*** Entries provided Section Begins ***

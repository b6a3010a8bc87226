-- ===== src/Runtime/Parking.antt =====
-- A turn that returns the id of an approval has parked the tool calls of the model's reply in its review.
use agent_builder_factory_ap.Base.{
  String, ◌≡◌, refl, ap, subst, true, Option, none, some, List, [], ◌∷◌, Result, ok, err, pure,
  ◌>>=◌, string_key,
}
use agent_builder_factory_ap.Table.{get-put_self}
use agent_builder_factory_ap.Tools.Policy.{ToolError}
use agent_builder_factory_ap.Tools.Executor.{ToolCall, ToolResult, execute}
use agent_builder_factory_ap.Approval.Review.{Attribute, ReviewItem}
use agent_builder_factory_ap.Approval.Resume.{request_approval}
use agent_builder_factory_ap.Approval.Claims.{item_at}
use agent_builder_factory_ap.Runtime.Guardrail.{GuardrailResult}
use agent_builder_factory_ap.Runtime.Prompt.{Message}
use agent_builder_factory_ap.Runtime.State.{
  Agent, LlmResult, Outside, RunError, ChatRequest, RuntimeTables, review_table, memory_table,
  spending_table, Process, in_reviews, in_guardrail, in_rag, load_memory, attempt, record_cost,
  complete, returned,
}
use agent_builder_factory_ap.Runtime.Orchestrator.{
  Response, RunResult, Turn, result_of, approval_of, finalize, request_tool_approval, after_tools,
  run_tools, ask_model, pause_or_ask, run_checked, stop_or_run, run,
}
use agent_builder_factory_ap.Runtime.Post.{
  Post, PostFrom, Post-pure, Post-bind, PostFrom-Post, PostFrom-if, PostFrom-after, PostFrom-bind,
  post_rules,
}

module _ ⦃t : RuntimeTables⦄ (o : Outside) (a : Agent) where
  -- The review holds what the resumption needs of the one reply of the model in a turn from `p` to
  -- `p'`: its tool calls, and the tool at which the batch stopped.
  pub record Parked (q : ChatRequest) (p : Process) (id : String) (p' : Process) : Type 0 where
    pub turn : Turn
    pub same_session : turn.session_id ≡ q.session_id
    pub prompt : List Message
    pub last_prompt : p'.completions ≡ prompt ∷ p.completions
    pub reply : LlmResult
    pub asked : o.complete p.completions prompt ≡ ok reply
    pub tool_id : String
    pub stopped :
        (execute o.tools a.toolbox none reply.tool_calls p.world.effects).0
        ≡ err (ToolError.approval_required tool_id)
    pub stored :
        item_at p'.world a.tenant_id id
        ≡ some (record {
          fields = some (approval_of o a turn tool_id reply.tool_calls);
          resumed_at = Attribute.missing;
        })
    pub named : id ≡ o.turn.review_id

  -- what holds of a process before it asks the model, and after the model has replied
  record Before (p p' : Process) : Type 0 where
    completions : p'.completions ≡ p.completions
    effects : p'.world.effects ≡ p.world.effects

  record Replied (p : Process) (prompt : List Message) (r : LlmResult) (p' : Process) : Type 0 where
    asked : o.complete p.completions prompt ≡ ok r
    last_prompt : p'.completions ≡ prompt ∷ p.completions
    effects : p'.world.effects ≡ p.world.effects

  record Tried (p : Process) (prompt : List Message) (r : LlmResult)
      (x : Result ToolError (List ToolResult)) (p' : Process) : Type 0 where
    asked : o.complete p.completions prompt ≡ ok r
    last_prompt : p'.completions ≡ prompt ∷ p.completions
    result : (execute o.tools a.toolbox none r.tool_calls p.world.effects).0 ≡ x

  -- the answer of a turn that is paused for an approval
  abbrev paused : Turn → RunResult
  paused u = record (result_of o u Response.approval_pending_message) {
    hitl_pending = true;
    approval_review_id = some o.turn.review_id;
  }

  answered : (x y : RunResult) → Path (Result RunError RunResult) (ok x) (ok y) → x ≡ y
  answered x y h = cc h

  module _ (q : ChatRequest) (p : Process) where
    abbrev Awaits : RunResult → Process → Type 0
    Awaits r p' = (id : String) → r.approval_review_id ≡ some id → Parked q p id p'

    Post-unparked : (r : RunResult) → r.approval_review_id ≡ none → Post Awaits (pure r)
    Post-unparked r e = Post-pure Awaits r (λ p' id f. cc (e, f))

    Post-finalize : (u : Turn) (s : String) → Post Awaits (finalize o a u s)
    unfolding finalize
    Post-finalize u s = Post-bind Awaits _ _ (λ c.
        Post-bind Awaits _ _ (λ response. Post-bind Awaits _ _ (λ saved. Post-unparked _ refl)))

    PostFrom-request :
        (u : Turn) (id : String) (prompt : List Message) (r : LlmResult)
        → u.session_id ≡ q.session_id
        → PostFrom Awaits
            (Tried p prompt r (err (ToolError.approval_required id)))
            (request_tool_approval o a u id r.tool_calls)
    unfolding request_tool_approval request_approval in_reviews pure ◌>>=◌
    PostFrom-request u id prompt r same = record {
      at = λ s x p' j h i f.
          let answer : paused u ≡ x = answered (paused u) x (ap (λ z. z.0) h) in
          let named : i ≡ o.turn.review_id = cc (answer, f) in
          let item : ReviewItem = record {
            fields = some (approval_of o a u id r.tool_calls);
            resumed_at = Attribute.missing;
          } in
          record {
            turn = u;
            same_session = same;
            prompt = prompt;
            last_prompt =
                subst (λ z. z.completions ≡ prompt ∷ p.completions) (ap (λ z. z.1) h) j.last_prompt;
            reply = r;
            asked = j.asked;
            tool_id = id;
            stopped = j.result;
            stored = rw named (
                subst (λ z. item_at z.world a.tenant_id o.turn.review_id ≡ some item)
                  (ap (λ z. z.1) h)
                  (get-put_self t.reviews s.world.reviews a.tenant_id o.turn.review_id item));
            named = named;
          };
    }

    PostFrom-after_tools :
        (u : Turn) (ms : List Message) (r : LlmResult) (x : Result ToolError (List ToolResult))
        → u.session_id ≡ q.session_id
        → PostFrom Awaits (Tried p ms r x) (after_tools o a u ms r x)
    PostFrom-after_tools u ms r (ok results) e =
        let fin = Post-finalize in PostFrom-Post Awaits _ _ (search (post_rules, fin))
    PostFrom-after_tools u ms r (err (ToolError.approval_required id)) e =
        PostFrom-request u id ms r e
    PostFrom-after_tools u ms r (err (ToolError.denied id reason)) e =
        PostFrom-Post Awaits _ _ (search post_rules)
    PostFrom-after_tools u ms r (err (ToolError.invalid_risk risk)) e =
        PostFrom-Post Awaits _ _ (search post_rules)
    PostFrom-after_tools u ms r (err (ToolError.lambda_error x)) e =
        PostFrom-Post Awaits _ _ (search post_rules)

    tried :
        (ms : List Message) (r : LlmResult) (s : Process) (x : Result ToolError (List ToolResult))
        → Replied p ms r s
        → (attempt (execute o.tools a.toolbox none r.tool_calls) s).0 ≡ ok x
        → Tried p ms r x (attempt (execute o.tools a.toolbox none r.tool_calls) s).1
    unfolding attempt
    tried ms r s x i h = record {
      asked = i.asked;
      last_prompt = i.last_prompt;
      result = subst (λ e. (execute o.tools a.toolbox none r.tool_calls e).0 ≡ x) i.effects (cc h);
    }

    PostFrom-after_calls :
        (u : Turn) (ms : List Message) (r : LlmResult) (calls : List ToolCall)
        → u.session_id ≡ q.session_id
        → PostFrom Awaits
            (Replied p ms r)
            (elim calls [ [] ↦ finalize o a u r.content | c ∷ cs ↦ run_tools o a u ms r ])
    PostFrom-after_calls u ms r [] e = PostFrom-Post Awaits _ _ (Post-finalize u r.content)
    PostFrom-after_calls u ms r (c ∷ cs) e =
        PostFrom-after Awaits (Replied p ms r) (Tried p ms r) _ _ (λ s i x. tried ms r s x i)
          (λ x. PostFrom-after_tools u ms r x e)

    replied :
        (ms : List Message) (s : Process) (r : LlmResult)
        → Before p s
        → (complete o a ms s).0 ≡ ok r
        → Replied p ms r (complete o a ms s).1
    unfolding complete
    replied ms s r i h = record {
      asked =
          subst (λ c. o.complete c ms ≡ ok r) i.completions
            (returned (o.complete s.completions ms) r h);
      last_prompt = ap (λ c. ms ∷ c) i.completions;
      effects = i.effects;
    }

    recorded :
        (ms : List Message) (r : LlmResult) (s : Process)
        → Replied p ms r s
        → Replied p ms r (record_cost o a r s).1
    unfolding record_cost
    recorded ms r s i = record { asked = i.asked; last_prompt = i.last_prompt; effects = i.effects }

    PostFrom-ask :
        (u : Turn) (ms : List Message)
        → u.session_id ≡ q.session_id
        → PostFrom Awaits (Before p) (ask_model o a u ms)
    unfolding ask_model
    PostFrom-ask u ms e =
        PostFrom-after Awaits (Before p) (Replied p ms) _ _ (λ s i r. replied ms s r i)
          (λ r.
            PostFrom-bind Awaits (Replied p ms r) _ _ (recorded ms r)
              (λ c. PostFrom-after_calls _ ms r r.tool_calls e))

    PostFrom-pause :
        (u : Turn) (ms : List Message) (x : Option String)
        → u.session_id ≡ q.session_id
        → PostFrom Awaits (Before p) (pause_or_ask o a u ms x)
    PostFrom-pause u ms none e = PostFrom-ask u ms e
    PostFrom-pause u ms (some trigger) e =
        PostFrom-Post Awaits _ _ (Post-bind Awaits _ _ (λ r. Post-unparked _ refl))

    PostFrom-stop : (c : GuardrailResult) → PostFrom Awaits (Before p) (stop_or_run o a q c)
    unfolding run_checked load_memory in_rag
    PostFrom-stop c =
        PostFrom-if Awaits (Before p) c.blocked _ _
          (PostFrom-Post Awaits _ _ (Post-bind Awaits _ _ (λ x. Post-unparked _ refl)))
          (PostFrom-bind Awaits (Before p) (load_memory a q) _ (λ s i. i)
            (λ h.
              PostFrom-bind Awaits (Before p) (in_rag _) _
                (λ s i. record { completions = i.completions; effects = i.effects })
                (λ kb. PostFrom-pause _ _ _ refl)))

    pub run-Parked :
        (r : RunResult) (p' : Process) (id : String)
        → run o a q p ≡ (ok r, p')
        → r.approval_review_id ≡ some id
        → Parked q p id p'
    unfolding run in_guardrail
    run-Parked r p' id h =
        (PostFrom-bind Awaits (Before p) (in_guardrail _) _
            (λ s i. record { completions = i.completions; effects = i.effects }) PostFrom-stop).at
          p r p' (record { completions = refl; effects = refl }) h id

*** Entries provided Section Ends ***

(Task brief) Search the data for "GuardrailResult". Copy every line that has it.

(Response to this exercise)
use agent_builder_factory_ap.Runtime.Guardrail.{GuardrailResult}
    PostFrom-stop : (c : GuardrailResult) → PostFrom Awaits (Before p) (stop_or_run o a q c)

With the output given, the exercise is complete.